Scheduling of OpenMP

OpenMP is one of the most popular methods in academic programming to write parallel code. It's major advantage is that you can achieve performance improvements in a lot of cases by just putting "directives" into your code to tell the compiler "You can take this loop and split it up into sections for each processor". Other parallelism schemes like MPI or Intel Threaded Building Blocks or Coarray Fortran all involve designing your algorithm around splitting the work up, OpenMP makes it easy to simply add parallelism to bits where you want it. (There are also lots of bits of OpenMP programming that require you to make changes to your code but you can get further than in pretty much any other modern paradigm without having to alter your actual code).

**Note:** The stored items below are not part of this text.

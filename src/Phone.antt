-- ===== src/Phone.antt =====
-- app/core/utils/phone_utils.py and app/core/utils/wa_identity.py: phone numbers, JIDs and LIDs.
pub mod Laws
mod Tests
use self_managed_agents.Base.{
  map, length, nat_eq, string_eq, ℕ, String, Bool, true, false, not, ◌&&◌, ◌||◌, Option, none, some,
  List, [], ◌∷◌, ◌==◌, leb, ltb, if◌then◌else◌, or_empty, or_text,
}
use Prim.Native.Nat.{suc}
use Prim.Native.Char.{code}
use Prim.Native.String
use text.Mathlib.Text.{find?}
use self_managed_agents.Base.Text.{
  strip, drop_while, take_while, all_chars, codes, is_infix, to_lower, is_digit,
}

-- `phone.lstrip("+").split("@")[0]`
unfoldable pub normalize_phone : String → String
unfolding drop_while take_while
normalize_phone phone = take_while (λ c. not (c == b'@')) (drop_while (λ c. c == b'+') phone)

-- `len` of a text
abbrev count_chars : String → ℕ
count_chars s = length (codes s)

-- `is_probable_whatsapp_lid`; lower-casing changes no digit, so it is left out of the second test
unfoldable pub is_probable_whatsapp_lid : Option String → Bool
unfolding normalize_phone strip is_infix to_lower all_chars is_digit
is_probable_whatsapp_lid value =
    let raw = strip (or_empty value) in
    if raw == ""
    then false
    else if is_infix (codes "@lid") (map to_lower (codes raw))
    then true
    else let normalized = normalize_phone raw in
      not (normalized == "") && all_chars is_digit normalized && ltb 15 (count_chars normalized)

-- `extract_wa_lid`
unfoldable pub extract_wa_lid : List (Option String) → Option String
unfolding is_probable_whatsapp_lid
extract_wa_lid [] = none
extract_wa_lid (raw ∷ rest) =
    let value = strip (or_empty raw) in
    let later = extract_wa_lid rest in
    let digits = normalize_phone value in
    if value == "" || not (is_probable_whatsapp_lid (some value))
    then later
    else if digits == ""
    then later
    else some digits

-- `text or None`
abbrev pub or_none : String → Option String
or_none s = if s == "" then none else some s

-- `resolve_incoming_wa_phone`
unfoldable pub resolve_incoming_wa_phone : Option String → Option String → Option String
unfolding is_probable_whatsapp_lid
resolve_incoming_wa_phone from_phone resolved_phone =
    if not (or_empty resolved_phone == "")
    then or_none (normalize_phone (or_empty resolved_phone))
    else let raw = strip (or_empty from_phone) in
      if raw == "" || is_probable_whatsapp_lid (some raw)
      then none
      else or_none (normalize_phone raw)

-- `resolve_auto_provision_external_id`; `phone_number` is that of a `channel_config` that is a dict
unfoldable pub resolve_auto_provision_external_id :
    Bool → Option String → Option String → Option String → Option String
unfolding is_probable_whatsapp_lid
resolve_auto_provision_external_id is_whatsapp phone_number payload_external_user_id
      session_external_user_id =
    let phone = normalize_phone (or_empty phone_number) in
    if not (phone == "") && not (is_probable_whatsapp_lid (some phone))
    then some phone
    else if is_whatsapp
    then none
    else let candidate =
        strip (or_text (or_empty payload_external_user_id) (or_empty session_external_user_id)) in
      if candidate == "" || is_probable_whatsapp_lid (some candidate)
      then none
      else some (or_text (normalize_phone candidate) candidate)
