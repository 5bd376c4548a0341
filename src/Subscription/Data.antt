-- ===== src/Subscription/Data.antt =====
-- The rows of app/models/subscription.py and app/models/user_api_key.py, and the tables that hold
-- them. Ids (UUIDs) and times (seconds) are numbers, and a nullable column is an Option. A table is
-- the list of its rows, the newest first.
use self_managed_agents.Base.{
  ℕ, ◌*◌, ◌-◌, String, Bool, true, false, Option, none, some, List, ltb, leb, if◌then◌else◌,
}

-- `status` of a subscription; "merged" is written by wa_link_service.py
pub data Status : Type 0 where
  trial active grace_period expired merged : Status

pub record User : Type 0 where
  pub id : ℕ
  pub email : String
  pub full_name : Option String
  pub phone_number : Option String
  pub wa_lid : Option String
  pub external_id : String
  pub has_used_trial : Bool
  pub email_verified : Bool

pub record SubscriptionPlan : Type 0 where
  pub id : ℕ
  pub code : String
  pub label : String
  pub max_agents : Option ℕ
  pub token_quota : ℕ
  pub period_days : Option ℕ
  pub grace_period_days : ℕ
  pub allowed_models : List String
  pub subagents_allowed : Bool
  pub wa_connect : Bool
  pub is_trial : Bool
  pub is_active : Bool

pub record UserSubscription : Type 0 where
  pub id : ℕ
  pub user_id : ℕ
  pub plan_id : ℕ
  pub status : Status
  pub token_quota : ℕ
  pub tokens_used : ℕ
  pub started_at : ℕ
  pub expires_at : Option ℕ
  pub grace_until : Option ℕ

-- A signed column: a downgrade records a negative grant. `negsuc n` is -(n + 1).
pub data ℤ : Type 0 where
  pos : ℕ → ℤ
  negsuc : ℕ → ℤ

abbrev pub sub_ℕ : ℕ → ℕ → ℤ
sub_ℕ a b = if leb b a then pos (a - b) else negsuc (b - a - 1)

pub record TokenTopup : Type 0 where
  pub user_id : ℕ
  pub subscription_id : ℕ
  pub tokens_added : ℤ
  pub token_quota_before : ℕ
  pub token_quota_after : ℕ
  pub reference_id : String

pub record UserApiKey : Type 0 where
  pub id : ℕ
  pub key_hash : String
  pub label : Option String
  pub expires_at : ℕ
  pub revoked : Bool

pub record Db : Type 0 where
  pub plans : List SubscriptionPlan
  pub users : List User
  pub subscriptions : List UserSubscription
  pub topups : List TokenTopup
  pub api_keys : List UserApiKey

abbrev pub trial_id : ℕ
trial_id = 1

abbrev pub tier_1_id : ℕ
tier_1_id = 2

abbrev pub tier_2_id : ℕ
tier_2_id = 3

abbrev pub tier_3_id : ℕ
tier_3_id = 4

-- `timedelta(days=n)`
abbrev pub days : ℕ → ℕ
days n = n * 86400

-- `UserSubscription.tokens_remaining`, where `-` stops at 0 as `max(0, ...)` does
unfoldable pub tokens_remaining : UserSubscription → ℕ
tokens_remaining sub = sub.token_quota - sub.tokens_used

-- `UserSubscription.is_usable`
abbrev pub is_usable_status : Status → Bool
is_usable_status trial = true
is_usable_status active = true
is_usable_status grace_period = true
is_usable_status _ = false

unfoldable pub is_usable : UserSubscription → Bool
is_usable sub = is_usable_status sub.status

-- `status == "active"`, `status == "expired"` and `status == "grace_period"`
abbrev pub is_active_status : Status → Bool
is_active_status active = true
is_active_status _ = false

abbrev pub is_expired_status : Status → Bool
is_expired_status expired = true
is_expired_status _ = false

abbrev pub is_grace_status : Status → Bool
is_grace_status grace_period = true
is_grace_status _ = false

-- `UserApiKey.is_active`, at the time `now`
unfoldable pub key_is_active : UserApiKey → ℕ → Bool
key_is_active key now = if key.revoked then false else ltb now key.expires_at

-- `if plan.period_days`: None and 0 are false
abbrev pub truthy : Option ℕ → Option ℕ
truthy none = none
truthy (some n) = if ltb 0 n then some n else none
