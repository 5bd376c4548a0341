-- ===== src/Subscription/Billing.antt =====
-- The endpoints of app/api/subscriptions.py: activate, upgrade, top up and read a subscription, and
-- a run of several requests. The id of a new row (uuid4) and the time are arguments.
pub mod Balance
pub mod Consistency
pub mod Replay
use self_managed_agents.Base.{
  nat_eq, string_eq, ℕ, ◌+◌, String, Bool, true, false, not, ◌&&◌, ◌||◌, Option, none, some, List,
  [], ◌∷◌, map, ◌==◌, ltb, if◌then◌else◌, where_, update, any, contains,
}
use self_managed_agents.Base.Outcome.{
  Outcome, ok, err, Error, http, ◌>>=◌, ◌>>◌, require, scalar_one_or_none, scalar_one, or_raise,
}
use self_managed_agents.Subscription.Data.{
  Status, active, trial, SubscriptionPlan, UserSubscription, TokenTopup, Db, pos, sub_ℕ, ℤ, days,
  truthy, tokens_remaining, is_expired_status, is_grace_status,
}

-- SubscriptionResponse, without the labels of the plan
pub record SubscriptionResponse : Type 0 where
  pub user_id : ℕ
  pub plan_code : String
  pub plan_label : String
  pub subscription_status : Status
  pub token_quota : ℕ
  pub tokens_used : ℕ
  pub tokens_remaining : ℕ
  pub max_agents : Option ℕ
  pub subagents_allowed : Bool
  pub wa_connect : Bool
  pub expires_at : Option ℕ
  pub grace_until : Option ℕ

pub record TopUpResponse : Type 0 where
  pub user_id : ℕ
  pub tokens_added : ℕ
  pub token_quota_before : ℕ
  pub token_quota_after : ℕ
  pub tokens_used : ℕ
  pub tokens_remaining : ℕ
  pub subscription_status : Status
  pub reference_id : String

pub record UpgradeResponse : Type 0 where
  pub user_id : ℕ
  pub previous_plan : String
  pub new_plan : String
  pub subscription_status : Status
  pub token_quota : ℕ
  pub tokens_used : ℕ
  pub tokens_remaining : ℕ
  pub expires_at : Option ℕ
  pub reference_id : String
  pub upgraded_at : ℕ

unfoldable pub subscription_response : SubscriptionPlan → UserSubscription → SubscriptionResponse
unfolding tokens_remaining
subscription_response plan sub = record {
  user_id = sub.user_id;
  plan_code = plan.code;
  plan_label = plan.label;
  subscription_status = sub.status;
  token_quota = sub.token_quota;
  tokens_used = sub.tokens_used;
  tokens_remaining = tokens_remaining sub;
  max_agents = plan.max_agents;
  subagents_allowed = plan.subagents_allowed;
  wa_connect = plan.wa_connect;
  expires_at = sub.expires_at;
  grace_until = sub.grace_until;
}

-- `_get_plan_by_code`
unfoldable pub get_plan_by_code : String → Db → Outcome SubscriptionPlan
get_plan_by_code code db = do
  plan ← scalar_one_or_none (where_ (λ p. p.code == code && p.is_active) db.plans)
  or_raise plan (http 404)

-- `_get_active_subscription`
unfoldable pub get_active_subscription : ℕ → Db → Outcome UserSubscription
get_active_subscription user_id db = do
  sub ← scalar_one_or_none (where_ (λ s. s.user_id == user_id) db.subscriptions)
  or_raise sub (http 404)

-- `_check_reference_id_unique`
unfoldable pub check_reference_id_unique : String → Db → Outcome (Unit {0})
check_reference_id_unique reference_id db = do
  existing ← scalar_one_or_none (where_ (λ t. t.reference_id == reference_id) db.topups)
  elim existing [ none ↦ ok tt | some t ↦ err (http 409) ]

-- `select(SubscriptionPlan).where(SubscriptionPlan.id == id)`, `scalar_one`
unfoldable pub get_plan_by_id : ℕ → Db → Outcome SubscriptionPlan
get_plan_by_id plan_id db = scalar_one (where_ (λ p. p.id == plan_id) db.plans)

-- `now + timedelta(days=plan.period_days) if plan.period_days else None`, and the grace after it
abbrev pub expiry : ℕ → SubscriptionPlan → Option ℕ
expiry now plan = elim (truthy plan.period_days) [ none ↦ none | some n ↦ some (now + days n) ]

abbrev pub grace : ℕ → SubscriptionPlan → Option ℕ
grace now plan = elim (truthy plan.period_days) [
  | none ↦ none
  | some n ↦ some (now + days n + days plan.grace_period_days)
]

abbrev pub new_subscription : ℕ → ℕ → ℕ → SubscriptionPlan → Status → UserSubscription
new_subscription id now user_id plan status = record {
  id = id;
  user_id = user_id;
  plan_id = plan.id;
  status = status;
  token_quota = plan.token_quota;
  tokens_used = 0;
  started_at = now;
  expires_at = expiry now plan;
  grace_until = grace now plan;
}

-- The flush fails, and answers 404, where the user does not exist or the id is taken.
unfoldable pub flush_accepts : ℕ → ℕ → Db → Bool
flush_accepts id user_id db =
    any (λ u. u.id == user_id) db.users && not (contains id (map (λ s. s.id) db.subscriptions))

unfoldable pub activate_subscription : ℕ → ℕ → ℕ → String → Db → Outcome (SubscriptionResponse × Db)
activate_subscription id now user_id plan_code db = do
  existing ← scalar_one_or_none (where_ (λ s. s.user_id == user_id) db.subscriptions)
  elim existing [ none ↦ ok tt | some s ↦ err (http 409) ]
  plan ← get_plan_by_code plan_code db
  let sub = new_subscription id now user_id plan (if plan.is_trial then trial else active)
  require (flush_accepts id user_id db) (http 404)
  ok (subscription_response plan sub, record db { subscriptions = sub ∷ db.subscriptions })

-- the writes of `upgrade_subscription` to the subscription's row
unfoldable pub upgraded : ℕ → SubscriptionPlan → UserSubscription → UserSubscription
upgraded now new_plan sub = record sub {
  plan_id = new_plan.id;
  status = active;
  token_quota = new_plan.token_quota;
  tokens_used = 0;
  started_at = now;
  expires_at = expiry now new_plan;
  grace_until = grace now new_plan;
}

-- the TokenTopup row that an upgrade adds
abbrev pub upgrade_row : ℕ → SubscriptionPlan → String → UserSubscription → TokenTopup
upgrade_row user_id new_plan reference_id sub = record {
  user_id = user_id;
  subscription_id = sub.id;
  tokens_added = sub_ℕ new_plan.token_quota sub.token_quota;
  token_quota_before = sub.token_quota;
  token_quota_after = new_plan.token_quota;
  reference_id = reference_id;
}

-- `UpgradeRequest` wants a reference id of at least one character, else 422
unfoldable pub upgrade_subscription : ℕ → ℕ → String → String → Db → Outcome (UpgradeResponse × Db)
upgrade_subscription now user_id plan_code reference_id db = do
  require (not (reference_id == "")) (http 422)
  require (not (plan_code == "trial")) (http 400)
  check_reference_id_unique reference_id db
  sub ← get_active_subscription user_id db
  old_plan ← get_plan_by_id sub.plan_id db
  new_plan ← get_plan_by_code plan_code db
  let after = upgraded now new_plan sub
  ok (
    record {
      user_id = user_id;
      previous_plan = old_plan.code;
      new_plan = new_plan.code;
      subscription_status = after.status;
      token_quota = after.token_quota;
      tokens_used = after.tokens_used;
      tokens_remaining = tokens_remaining after;
      expires_at = after.expires_at;
      reference_id = reference_id;
      upgraded_at = now;
    },
    record db {
      subscriptions = update (λ s. s.id == sub.id) (upgraded now new_plan) db.subscriptions;
      topups = upgrade_row user_id new_plan reference_id sub ∷ db.topups;
    },
  )

-- the writes of `topup_tokens` to the subscription's row, at its new quota
unfoldable pub topped_up : ℕ → UserSubscription → UserSubscription
topped_up quota sub = record sub {
  token_quota = quota;
  status = if is_grace_status sub.status then active else sub.status;
}

-- the TokenTopup row that a top-up adds
abbrev pub topup_row : ℕ → ℕ → String → UserSubscription → TokenTopup
topup_row user_id tokens reference_id sub = record {
  user_id = user_id;
  subscription_id = sub.id;
  tokens_added = pos tokens;
  token_quota_before = sub.token_quota;
  token_quota_after = sub.token_quota + tokens;
  reference_id = reference_id;
}

-- `TopUpRequest` wants tokens above 0 and a reference id of at least one character, else 422
unfoldable pub topup_tokens : ℕ → ℕ → String → Db → Outcome (TopUpResponse × Db)
topup_tokens user_id tokens reference_id db = do
  require (ltb 0 tokens && not (reference_id == "")) (http 422)
  check_reference_id_unique reference_id db
  sub ← get_active_subscription user_id db
  require (not (is_expired_status sub.status)) (http 400)
  let after = topped_up (sub.token_quota + tokens) sub
  ok (
    record {
      user_id = user_id;
      tokens_added = tokens;
      token_quota_before = sub.token_quota;
      token_quota_after = after.token_quota;
      tokens_used = after.tokens_used;
      tokens_remaining = tokens_remaining after;
      subscription_status = after.status;
      reference_id = reference_id;
    },
    record db {
      subscriptions =
          update (λ s. s.id == sub.id) (topped_up (sub.token_quota + tokens)) db.subscriptions;
      topups = topup_row user_id tokens reference_id sub ∷ db.topups;
    },
  )

unfoldable pub get_subscription_status : ℕ → Db → Outcome SubscriptionResponse
get_subscription_status user_id db = do
  sub ← get_active_subscription user_id db
  plan ← get_plan_by_id sub.plan_id db
  ok (subscription_response plan sub)

-- What the endpoints are asked, with the time and the new id of the moment.
pub data Request : Type 0 where
  activate : ℕ → ℕ → ℕ → String → Request
  upgrade : ℕ → ℕ → String → String → Request
  topup : ℕ → ℕ → String → Request

-- The database after one request; an HTTP error leaves it as it was.
abbrev pub committed {ℓ} : {A : Type ℓ} → Db → Outcome (A × Db) → Db
committed db (ok (a, db')) = db'
committed db (err e) = db

unfoldable pub handle : Request → Db → Db
handle (activate id now user_id plan_code) db =
    committed db (activate_subscription id now user_id plan_code db)
handle (upgrade now user_id plan_code reference_id) db =
    committed db (upgrade_subscription now user_id plan_code reference_id db)
handle (topup user_id tokens reference_id) db =
    committed db (topup_tokens user_id tokens reference_id db)

unfoldable pub serve : List Request → Db → Db
serve [] db = db
serve (r ∷ rs) db = serve rs (handle r db)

So what does this look like in practice?

 
MODULE prime_finder
  USE ISO_FORTRAN_ENV
  IMPLICIT NONE

  INTEGER(INT64), PARAMETER ::  small_primes_len = 20
  INTEGER(INT64), DIMENSION(small_primes_len), PARAMETER :: &
      small_primes = [2, 3, 5, 7, 11, 13, 17, 19, 23, 29, 31, 37, 41, 43, 47, &
      53, 59, 61, 67, 71]
  INTEGER, PARAMETER :: max_small_prime = 71

  CONTAINS

  FUNCTION check_prime(num)
    INTEGER(INT64), INTENT(IN) :: num
    LOGICAL :: check_prime

    INTEGER(INT64) :: index, end

    end = CEILING(SQRT(REAL(num, REAL64)))

    check_prime = .FALSE.
    !First check against the small primes
    DO index = 1, small_primes_len
      IF (small_primes(index) == num) THEN
        check_prime = .TRUE.
        RETURN
      END IF
      IF (MOD(num, small_primes(index)) == 0) THEN
        RETURN
      END IF
    END DO

    !Test higher numbers, skipping all the evens
    DO index = max_small_prime + 2, end, 2
      IF (MOD(num, index) == 0) RETURN
    END DO
    check_prime = .TRUE.
  END FUNCTION check_prime

END MODULE prime_finder

PROGRAM primes

  USE prime_finder
  IMPLICIT NONE
  INTEGER(INT64) :: ct, i

  ct = 0_INT64
!$OMP PARALLEL DO REDUCTION(+:ct)
  DO i = 2_INT64, 20000000_INT64
    IF (check_prime(i)) ct = ct + 1
  END DO
!$OMP END PARALLEL DO

  PRINT *, "Number of primes = ", ct

END PROGRAM primes

This is a Fortran 2008 program (although OpenMP works on Fortran, C and C++) that uses a very simple algorithm to count the number of prime numbers between 2 and 20,000,000. There are much better algorithms for this but this algorithm correctly counts this number of primes and is very suitable for parallelising since each number is checked for primality separately. This code is already OpenMP parallelised and as you can see the parallelism is very simple. The only lines of OpenMP code are !$OMP PARALLEL DO REDUCTION(+:ct)and$OMP END PARALLEL DO . The first line says that I want this loop to be parallel and that the variable ct should be calculated separately on each processor and then summed over all processors at the end. The second line just says that we have finished with parallelism and should switch back to running the code in serial after this point. Otherwise that is exactly the same program that I would have written if I was testing the problem on a single processor and I get the result that there are 1,270,607 primes less than 20,000,000 regardless of how many processors I run on. So far so good but look what happens when I look at the timings for different numbers of processors

Number of Processors Time(s)
1 11.3
2 7.2
4 3.9
8 2.2
16 1.13

It certainly speeds up! But not as much as it should since every single prime is being tested separately (the number for 16 processors would be 0.71 seconds if it was scaling perfectly). There are lots of reasons why parallel codes don't speed up as much as they should but in this case it isn't any underlying limitation of the hardware but is to do with how OpenMP chooses to split up my problem and a simple change gets the runtime down to 0.81s. The difference between 1.1 seconds and 0.8 seconds isn't much but if your code takes a day rather than a second then 26.5 hours vs 19.2 hours can be significant in terms of electricity costs and cost of buying computer time.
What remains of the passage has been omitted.